Save for one situation. The Founders specifically empowered each house of Congress to determine the “Rules of its Proceedings” and to punish its members for what the Founders called “disorderly behaviour.” It didn’t get into details. But it did reserve the power to each house, so neither one, nor the other branches, could sit in judgment of the other. And there the power has sat more or less undisturbed for more than two centuries.

Now comes New York’s own Charles Rangel to hold the House to the standards of due process that would be required to mete out punishment to an ordinary citizen. He has just gone into United States District Court in the Columbia district and filed a case known as Rangel v. Boehner. He sues not only the Speaker but the House clerk and various members and staff of the Committee on Standards of Official Conduct. The Speaker and Clerk are sued as a matter of form, but various others are sued for what he insists is willfully violating his due process rights.

It happens that these columns defended Mr. Rangel at the time he was attacked by the New York Times. We don’t share much in the way of policy preferences with Mr. Rangel (save for the fact that he and the editor of the Sun are among the few who favor a restoration of the wartime draft*). But we’ve always felt that the rent control violations should have been addressed by repealing rent control and the tax violations by going to a national flat tax and the contretemps over the Rangel Center at City College by sending to Mr. Rangel not a subpoena but a thank you note.

Mr. Rangel’s lawsuit, in any event, is a constitutional cornucopia. In the past the courts have tended to decline to get involved in the internal affairs of the Congress, on the grounds that the wording of the Constitution leaves those affairs “non-justiciable.” This is not only because of the rules clause but also because of the clause that prohibits members of Congress from being questioned in any other place but Congress for speeches and debates made in either house.

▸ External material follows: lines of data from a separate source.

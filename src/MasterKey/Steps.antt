-- ===== src/MasterKey/Steps.antt =====
-- The steps between the states of Config, and what they say of every reachable state.
use mathlib.Core.Path.{subst}
use secure_deletion.Common.{ℕ, true, false, ◌≡◌, refl, inl, inr}
use secure_deletion.MasterKey.{Message, begin_set, answer}
use secure_deletion.MasterKey.System.{
  System, Step, get_begun, get_unsent, get_posted, key_taken, set_begun, set_unsent, set_posted,
  set_finished, served, received, Reach, here, later, start, serve, receive,
}
use secure_deletion.MasterKey.Config.{
  Config, key_wanted, key_asked, key_sent, key_lost, key_replied, key_come, at_rest, set_asked,
  set_sent, set_lost, set_replied, set_acked, state, get_message, set_message, Follows, IsConfig,
  only_message, receive_key, receive_ack, finish,
}

module _ (encrypt decrypt : (sec_key key : ℕ) → ℕ) (eraser_name sec_key : ℕ)
    (law : (k : ℕ) → decrypt sec_key (encrypt sec_key k) ≡ k) where
  abbrev at : Config → System
  at = state encrypt decrypt eraser_name sec_key

  abbrev get : (key : ℕ) → Message
  get = get_message encrypt decrypt eraser_name sec_key

  abbrev put : (key : ℕ) → Message
  put = set_message encrypt decrypt eraser_name sec_key

  pub Step-Follows :
      (c : Config) (t : System)
      → Step encrypt decrypt (at c) t
      → Follows encrypt decrypt eraser_name sec_key c t
  unfolding begin_set answer
  Step-Follows (key_wanted m k v) _ (get_begun _ ph) = refl
  Step-Follows (key_wanted m k v) _ (get_unsent _ ph) = cc
  Step-Follows (key_wanted m k v) _ (get_posted _ ph up) = cc
  Step-Follows (key_wanted m k v) _ (key_taken _ ph got) = cc
  Step-Follows (key_wanted m k v) _ (set_begun n _ ph) = cc
  Step-Follows (key_wanted m k v) _ (set_unsent _ ph) = cc
  Step-Follows (key_wanted m k v) _ (set_posted _ ph up) = cc
  Step-Follows (key_wanted m k v) _ (set_finished _ ph ready) = cc
  Step-Follows (key_wanted m k v) _ (served w n l _ up e) = cc
  Step-Follows (key_wanted m k v) _ (received n l _ e) = cc
  Step-Follows (key_asked m k v) _ (get_begun _ ph) = cc
  Step-Follows (key_asked m k v) _ (get_unsent _ ph) = inl refl
  Step-Follows (key_asked m k v) _ (get_posted _ ph up) = inr refl
  Step-Follows (key_asked m k v) _ (key_taken _ ph got) = cc
  Step-Follows (key_asked m k v) _ (set_begun n _ ph) = cc
  Step-Follows (key_asked m k v) _ (set_unsent _ ph) = cc
  Step-Follows (key_asked m k v) _ (set_posted _ ph up) = cc
  Step-Follows (key_asked m k v) _ (set_finished _ ph ready) = cc
  Step-Follows (key_asked m k v) _ (served w n l _ up e) = cc
  Step-Follows (key_asked m k v) _ (received n l _ e) = cc
  Step-Follows (key_sent m k v) _ (get_begun _ ph) = cc
  Step-Follows (key_sent m k v) _ (get_unsent _ ph) = cc
  Step-Follows (key_sent m k v) _ (get_posted _ ph up) = cc
  Step-Follows (key_sent m k v) _ (key_taken _ ph got) = cc
  Step-Follows (key_sent m k v) _ (set_begun n _ ph) = cc
  Step-Follows (key_sent m k v) _ (set_unsent _ ph) = cc
  Step-Follows (key_sent m k v) _ (set_posted _ ph up) = cc
  Step-Follows (key_sent m k v) _ (set_finished _ ph ready) = cc
  Step-Follows (key_sent m k v) _ (served true n l _ up e) = inl (
      only_message
        (λ x r. serve encrypt decrypt true x r (at (key_sent m k v)) ≡ at (key_replied m k v))
        (get 0) n l e refl)
  Step-Follows (key_sent m k v) _ (served false n l _ up e) = inr (
      only_message
        (λ x r. serve encrypt decrypt false x r (at (key_sent m k v)) ≡ at (key_lost m k v)) (get 0)
        n l e refl)
  Step-Follows (key_sent m k v) _ (received n l _ e) = cc
  Step-Follows (key_lost m k v) _ (get_begun _ ph) = cc
  Step-Follows (key_lost m k v) _ (get_unsent _ ph) = cc
  Step-Follows (key_lost m k v) _ (get_posted _ ph up) = cc
  Step-Follows (key_lost m k v) _ (key_taken _ ph got) = cc
  Step-Follows (key_lost m k v) _ (set_begun n _ ph) = cc
  Step-Follows (key_lost m k v) _ (set_unsent _ ph) = cc
  Step-Follows (key_lost m k v) _ (set_posted _ ph up) = cc
  Step-Follows (key_lost m k v) _ (set_finished _ ph ready) = cc
  Step-Follows (key_lost m k v) _ (served w n l _ up e) = cc
  Step-Follows (key_lost m k v) _ (received n l _ e) = cc
  Step-Follows (key_replied m k v) _ (get_begun _ ph) = cc
  Step-Follows (key_replied m k v) _ (get_unsent _ ph) = cc
  Step-Follows (key_replied m k v) _ (get_posted _ ph up) = cc
  Step-Follows (key_replied m k v) _ (key_taken _ ph got) = cc
  Step-Follows (key_replied m k v) _ (set_begun n _ ph) = cc
  Step-Follows (key_replied m k v) _ (set_unsent _ ph) = cc
  Step-Follows (key_replied m k v) _ (set_posted _ ph up) = cc
  Step-Follows (key_replied m k v) _ (set_finished _ ph ready) = cc
  Step-Follows (key_replied m k v) _ (served w n l _ up e) = cc
  Step-Follows (key_replied m k v) _ (received n l _ e) =
      only_message
        (λ x r. receive encrypt decrypt x r (at (key_replied m k v)) ≡ at (key_come m k v)) (get v)
        n l e (receive_key encrypt decrypt eraser_name sec_key law m k v)
  Step-Follows (key_come m k v) _ (get_begun _ ph) = cc
  Step-Follows (key_come m k v) _ (get_unsent _ ph) = cc
  Step-Follows (key_come m k v) _ (get_posted _ ph up) = cc
  Step-Follows (key_come m k v) _ (key_taken _ ph got) = refl
  Step-Follows (key_come m k v) _ (set_begun n _ ph) = cc
  Step-Follows (key_come m k v) _ (set_unsent _ ph) = cc
  Step-Follows (key_come m k v) _ (set_posted _ ph up) = cc
  Step-Follows (key_come m k v) _ (set_finished _ ph ready) = cc
  Step-Follows (key_come m k v) _ (served w n l _ up e) = cc
  Step-Follows (key_come m k v) _ (received n l _ e) = cc
  Step-Follows (at_rest k v) _ (get_begun _ ph) = cc
  Step-Follows (at_rest k v) _ (get_unsent _ ph) = cc
  Step-Follows (at_rest k v) _ (get_posted _ ph up) = cc
  Step-Follows (at_rest k v) _ (key_taken _ ph got) = cc
  Step-Follows (at_rest k v) _ (set_begun n _ ph) = (n, refl)
  Step-Follows (at_rest k v) _ (set_unsent _ ph) = cc
  Step-Follows (at_rest k v) _ (set_posted _ ph up) = cc
  Step-Follows (at_rest k v) _ (set_finished _ ph ready) = cc
  Step-Follows (at_rest k v) _ (served w n l _ up e) = cc
  Step-Follows (at_rest k v) _ (received n l _ e) = cc
  Step-Follows (set_asked k v) _ (get_begun _ ph) = cc
  Step-Follows (set_asked k v) _ (get_unsent _ ph) = cc
  Step-Follows (set_asked k v) _ (get_posted _ ph up) = cc
  Step-Follows (set_asked k v) _ (key_taken _ ph got) = cc
  Step-Follows (set_asked k v) _ (set_begun n _ ph) = cc
  Step-Follows (set_asked k v) _ (set_unsent _ ph) = inl refl
  Step-Follows (set_asked k v) _ (set_posted _ ph up) = inr refl
  Step-Follows (set_asked k v) _ (set_finished _ ph ready) = cc
  Step-Follows (set_asked k v) _ (served w n l _ up e) = cc
  Step-Follows (set_asked k v) _ (received n l _ e) = cc
  Step-Follows (set_sent k v) _ (get_begun _ ph) = cc
  Step-Follows (set_sent k v) _ (get_unsent _ ph) = cc
  Step-Follows (set_sent k v) _ (get_posted _ ph up) = cc
  Step-Follows (set_sent k v) _ (key_taken _ ph got) = cc
  Step-Follows (set_sent k v) _ (set_begun n _ ph) = cc
  Step-Follows (set_sent k v) _ (set_unsent _ ph) = cc
  Step-Follows (set_sent k v) _ (set_posted _ ph up) = cc
  Step-Follows (set_sent k v) _ (set_finished _ ph ready) = cc
  Step-Follows (set_sent k v) _ (served true n l _ up e) = inl (
      only_message
        (λ x r.
          serve encrypt decrypt true x r (at (set_sent k v))
          ≡ at (set_replied (decrypt sec_key v) k))
        (put (encrypt sec_key k)) n l e refl)
  Step-Follows (set_sent k v) _ (served false n l _ up e) = inr (
      only_message (λ x r. serve encrypt decrypt false x r (at (set_sent k v)) ≡ at (set_lost k v))
        (put (encrypt sec_key k)) n l e refl)
  Step-Follows (set_sent k v) _ (received n l _ e) = cc
  Step-Follows (set_lost k v) _ (get_begun _ ph) = cc
  Step-Follows (set_lost k v) _ (get_unsent _ ph) = cc
  Step-Follows (set_lost k v) _ (get_posted _ ph up) = cc
  Step-Follows (set_lost k v) _ (key_taken _ ph got) = cc
  Step-Follows (set_lost k v) _ (set_begun n _ ph) = cc
  Step-Follows (set_lost k v) _ (set_unsent _ ph) = cc
  Step-Follows (set_lost k v) _ (set_posted _ ph up) = cc
  Step-Follows (set_lost k v) _ (set_finished _ ph ready) = cc
  Step-Follows (set_lost k v) _ (served w n l _ up e) = cc
  Step-Follows (set_lost k v) _ (received n l _ e) = cc
  Step-Follows (set_replied m k) _ (get_begun _ ph) = cc
  Step-Follows (set_replied m k) _ (get_unsent _ ph) = cc
  Step-Follows (set_replied m k) _ (get_posted _ ph up) = cc
  Step-Follows (set_replied m k) _ (key_taken _ ph got) = cc
  Step-Follows (set_replied m k) _ (set_begun n _ ph) = cc
  Step-Follows (set_replied m k) _ (set_unsent _ ph) = cc
  Step-Follows (set_replied m k) _ (set_posted _ ph up) = cc
  Step-Follows (set_replied m k) _ (set_finished _ ph ready) = cc
  Step-Follows (set_replied m k) _ (served w n l _ up e) = cc
  Step-Follows (set_replied m k) _ (received n l _ e) =
      only_message (λ x r. receive encrypt decrypt x r (at (set_replied m k)) ≡ at (set_acked m k))
        (put 0) n l e (receive_ack encrypt decrypt eraser_name sec_key law m k)
  Step-Follows (set_acked m k) _ (get_begun _ ph) = cc
  Step-Follows (set_acked m k) _ (get_unsent _ ph) = cc
  Step-Follows (set_acked m k) _ (get_posted _ ph up) = cc
  Step-Follows (set_acked m k) _ (key_taken _ ph got) = cc
  Step-Follows (set_acked m k) _ (set_begun n _ ph) = cc
  Step-Follows (set_acked m k) _ (set_unsent _ ph) = cc
  Step-Follows (set_acked m k) _ (set_posted _ ph up) = cc
  Step-Follows (set_acked m k) _ (set_finished _ ph ready) =
      finish encrypt decrypt eraser_name sec_key law m k
  Step-Follows (set_acked m k) _ (served w n l _ up e) = cc
  Step-Follows (set_acked m k) _ (received n l _ e) = cc

  Follows-IsConfig :
      (c : Config) (t : System)
      → Follows encrypt decrypt eraser_name sec_key c t
      → IsConfig encrypt decrypt eraser_name sec_key t
  Follows-IsConfig (key_wanted m k v) t e = (key_asked m k v, e)
  Follows-IsConfig (key_asked m k v) t (inl e) = (key_asked m k v, e)
  Follows-IsConfig (key_asked m k v) t (inr e) = (key_sent m k v, e)
  Follows-IsConfig (key_sent m k v) t (inl e) = (key_replied m k v, e)
  Follows-IsConfig (key_sent m k v) t (inr e) = (key_lost m k v, e)
  Follows-IsConfig (key_lost m k v) t e = absurd e
  Follows-IsConfig (key_replied m k v) t e = (key_come m k v, e)
  Follows-IsConfig (key_come m k v) t e = (at_rest k v, e)
  Follows-IsConfig (at_rest k v) t (n, e) = (set_asked n v, e)
  Follows-IsConfig (set_asked k v) t (inl e) = (set_asked k v, e)
  Follows-IsConfig (set_asked k v) t (inr e) = (set_sent k v, e)
  Follows-IsConfig (set_sent k v) t (inl e) = (set_replied (decrypt sec_key v) k, e)
  Follows-IsConfig (set_sent k v) t (inr e) = (set_lost k v, e)
  Follows-IsConfig (set_lost k v) t e = absurd e
  Follows-IsConfig (set_replied m k) t e = (set_acked m k, e)
  Follows-IsConfig (set_acked m k) t e = (at_rest k (encrypt sec_key k), e)

  pub Reach-IsConfig :
      (nvram : ℕ) (s : System)
      → Reach encrypt decrypt (start eraser_name sec_key nvram) s
      → IsConfig encrypt decrypt eraser_name sec_key s
  Reach-IsConfig nvram _ (here _) = (key_wanted 0 0 nvram, refl)
  Reach-IsConfig nvram _ (later _ t u r st) =
      let (c, e) = Reach-IsConfig nvram t r in
      Follows-IsConfig c u (Step-Follows c u (subst (λ x. Step encrypt decrypt x u) e st))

What Mr. Rangel is trying to do is to pierce these clauses to get at the question of due process. He alleges, among other things, that there were ex parte communications with the committee members who would be his judges and racist comments by staff. He includes a blistering memo sent to Zoe Lofgren, who chaired the House Ethics Committee in the 111th Congress, from its staff director, R. Blake Chisam. We’re not drawing any conclusion about the veracity of all the charges in either Mr. Chisam’s memo or in Mr. Rangel’s suit, save for the notion that if the facts are true, the issues strike us as serious.

We don’t mind saying, though, that it’s going to be something to see if the Rangel lawsuit does manage to pierce either the speech and debate clause or the rules and proceedings clause and bring the long arm of the law into the question of how the Congress is permitted to proceed against an individual — even if the individual is not some poor schlump being fleeing from a bill of attainder but one of the most powerful members of Congress, under attack in both the liberal and conservative press at a time when a tidal wave of reaction was building among the voters that eventually swept the Democrats from power in the House.


* Mr. Rangel has stressed his view that were a draft in effect the nation would be less likely to rush to war; the editor of the Sun doesn’t disagree on this head, but his motive is to empower the Army in wartime to get whom it wants most efficiently; the editor opposes a lottery system or other schemes that put fairness above the ability of the Army simply to review all possible draftees and tap those it reckons would be most useful for the war.